Para la asociación, este encuentro se plantea como un mero formalismo destinado a justificar la transparencia ante los fondos europeos (EDUSI o EDIL), y no como un espacio real para integrar las aportaciones ciudadanas. Además, consideran sorprendente y reduccionista que el Ayuntamiento intente basar la consulta pública en una encuesta elaborada a título personal por un único socio, excluyendo la opinión general de los vecinos. Frente a esto, exigen un proceso de exposición pública abierto a toda la ciudadanía, donde se expliquen los objetivos y efectos urbanos, así como un mecanismo formal de sugerencias con respuesta motivada.
Contexto y evolución
La tensión entre los vecinos y el Ayuntamiento de Cuenca por la falta de transparencia en la reforma de Carretería es un conflicto que lleva meses escalando. El proyecto fue presentado originalmente en mayo de 2025, con una inversión anunciada de seis millones de euros y la promesa de iniciar las obras en 2026 para regenerar este eje urbano. Sin embargo, la gestión del proceso participativo ha generado un profundo malestar.

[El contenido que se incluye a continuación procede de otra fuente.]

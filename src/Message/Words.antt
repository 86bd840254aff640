-- ===== src/Message/Words.antt =====
-- Big-endian words, and the time points of `std::chrono::system_clock`: 64-bit counts of
-- nanoseconds since the epoch (libstdc++).
use cpp_p2pchat.Base.{
  ℕ, zero, suc, ◌+◌, ◌-◌, ◌*◌, ◌/◌, ◌%◌, ◌^◌, Bool, [], ◌∷◌, ltb, if◌then◌else◌, ℤ, pos, negsuc,
  scale, quot,
}
use cpp_p2pchat.Std.Result.{Bytes, Result, ok, undefined, signed_overflow}

-- The low `n` bytes of a word, the highest first: `(w >> (i * 8)) & 0xFF` for i = n - 1, …, 0.
unfoldable pub be_bytes : ℕ → ℕ → Bytes
be_bytes zero w = []
be_bytes (suc i) w = (w / 256 ^ i) % 256 ∷ be_bytes i w

-- `acc = (acc << 8) | b` for each byte, in `bits` bits
unfoldable pub be_read : ℕ → ℕ → Bytes → ℕ
be_read bits acc [] = acc
be_read bits acc (b ∷ bs) = be_read bits ((acc * 256 + b) % 2 ^ bits) bs

-- the bits of an `int64_t`
unfoldable pub word64 : ℤ → ℕ
word64 (pos n) = n
word64 (negsuc n) = 2 ^ 64 - 1 - n

-- the `int64_t` that 64 bits stand for
unfoldable pub signed64 : ℕ → ℤ
signed64 w = if ltb w (2 ^ 63) then pos w else negsuc (2 ^ 64 - 1 - w)

-- whether an integer is a value of `int64_t`
unfoldable pub fits_int64 : ℤ → Bool
fits_int64 (pos n) = ltb n (2 ^ 63)
fits_int64 (negsuc n) = ltb n (2 ^ 63)

abbrev pub ticks_per_ms : ℕ
ticks_per_ms = 1_000_000

-- `duration_cast<milliseconds>(t.time_since_epoch()).count()`
unfoldable pub to_millis : ℤ → ℤ
to_millis t = quot t ticks_per_ms

-- `system_clock::time_point(milliseconds(ms))`, a signed product of 64 bits
unfoldable pub time_point : ℤ → Result ℤ
unfolding fits_int64
time_point ms =
    let t = scale ms ticks_per_ms in if fits_int64 t then ok t else undefined signed_overflow
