-- ===== src/Message/Wire.antt =====
-- `Message`, `Serialize` and `Deserialize`.
use cpp_p2pchat.Base.{
  ℕ, ◌+◌, ◌%◌, ◌^◌, ◌∷◌, ◌++◌, ltb, ◌==◌, if◌then◌else◌, ℤ, length, get_or, take, drop,
}
use cpp_p2pchat.Std.Result.{
  Bytes, Result, ok, throw, undefined, runtime_error, out_of_bounds, ◌>>=◌,
}
use cpp_p2pchat.Std.Text.{codes}
use cpp_p2pchat.Message.Words.{be_bytes, be_read, word64, signed64, to_millis, time_point}

-- `enum class MessageType : uint8_t`. The cast of any other byte is a value without a name.
pub data MessageType : Type 0 where
  text handshake peer_list ping pong file_chunk key_exchange : MessageType
  unnamed : ℕ → MessageType

-- `static_cast<uint8_t>(type)`
unfoldable pub to_byte : MessageType → ℕ
to_byte text = 0
to_byte handshake = 1
to_byte peer_list = 2
to_byte ping = 3
to_byte pong = 4
to_byte file_chunk = 5
to_byte key_exchange = 6
to_byte (unnamed n) = n

-- `static_cast<MessageType>(byte)`
unfoldable pub of_byte : ℕ → MessageType
of_byte b =
    if b == 0
    then text
    else if b == 1
    then handshake
    else if b == 2
    then peer_list
    else if b == 3
    then ping
    else if b == 4
    then pong
    else if b == 5
    then file_chunk
    else if b == 6
    then key_exchange
    else unnamed b

-- `timestamp` counts the ticks of the system clock.
pub record Message : Type 0 where
  pub type : MessageType
  pub payload : Bytes
  pub timestamp : ℤ

-- Header: type (1 byte), payload size (4), timestamp in milliseconds (8); then the payload.
unfoldable pub serialize : Message → Bytes
unfolding to_byte
serialize msg =
    to_byte msg.type
    ∷ (be_bytes 4 (length msg.payload % 2 ^ 32)
        ++ (be_bytes 8 (word64 (to_millis msg.timestamp)) ++ msg.payload))

-- the header's payload size: bytes 1 to 4
unfoldable pub size_field : Bytes → ℕ
size_field bytes = be_read 32 0 (take 4 (drop 1 bytes))

-- the header's timestamp: bytes 5 to 12
unfoldable pub time_field : Bytes → ℤ
time_field bytes = signed64 (be_read 64 0 (take 8 (drop 5 bytes)))

-- `vector::assign(begin + first, begin + first + count)`: a range that ends behind the vector is
-- undefined.
unfoldable pub range : ℕ → ℕ → Bytes → Result Bytes
range first count bytes =
    if ltb (length bytes) (first + count)
    then undefined out_of_bounds
    else ok (take count (drop first bytes))

abbrev pub too_short : Bytes
too_short = codes "Invalid message: too short"

abbrev pub size_mismatch : Bytes
size_mismatch = codes "Invalid message: payload size mismatch"

-- The test `data.size() < 13 + payloadSize` adds in `uint32_t`.
unfoldable pub deserialize : Bytes → Result Message
deserialize bytes =
    if ltb (length bytes) 13
    then throw (runtime_error too_short)
    else if ltb (length bytes) ((13 + size_field bytes) % 2 ^ 32)
    then throw (runtime_error size_mismatch)
    else do
      timestamp ← time_point (time_field bytes)
      payload ← range 13 (size_field bytes) bytes
      ok (record { type = of_byte (get_or bytes 0 0); payload = payload; timestamp = timestamp })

El punto más crítico de esta desconfianza se evidenció el pasado 20 de febrero de 2026. En una acción inédita, la Asociación de Vecinos de Cuenca Centro se unió al Colegio de Arquitectos de Castilla-La Mancha, la RACAL y partidos de la oposición (PP, Vox, Cuenca en Marcha) para registrar una carta conjunta en el Ayuntamiento. En ese documento ya exigían la consulta pública del anteproyecto y alertaban sobre posibles irregularidades en la contratación mediante contratos menores, advirtiendo que la opacidad ponía en riesgo la financiación de los fondos europeos FEDER si no se cumplían los criterios de participación ciudadana exigidos por la normativa. La actual negativa a acudir a la reunión explicativa es, por tanto, el último paso de un colectivo que lleva meses reclamando un acceso real y técnico a la información del proyecto.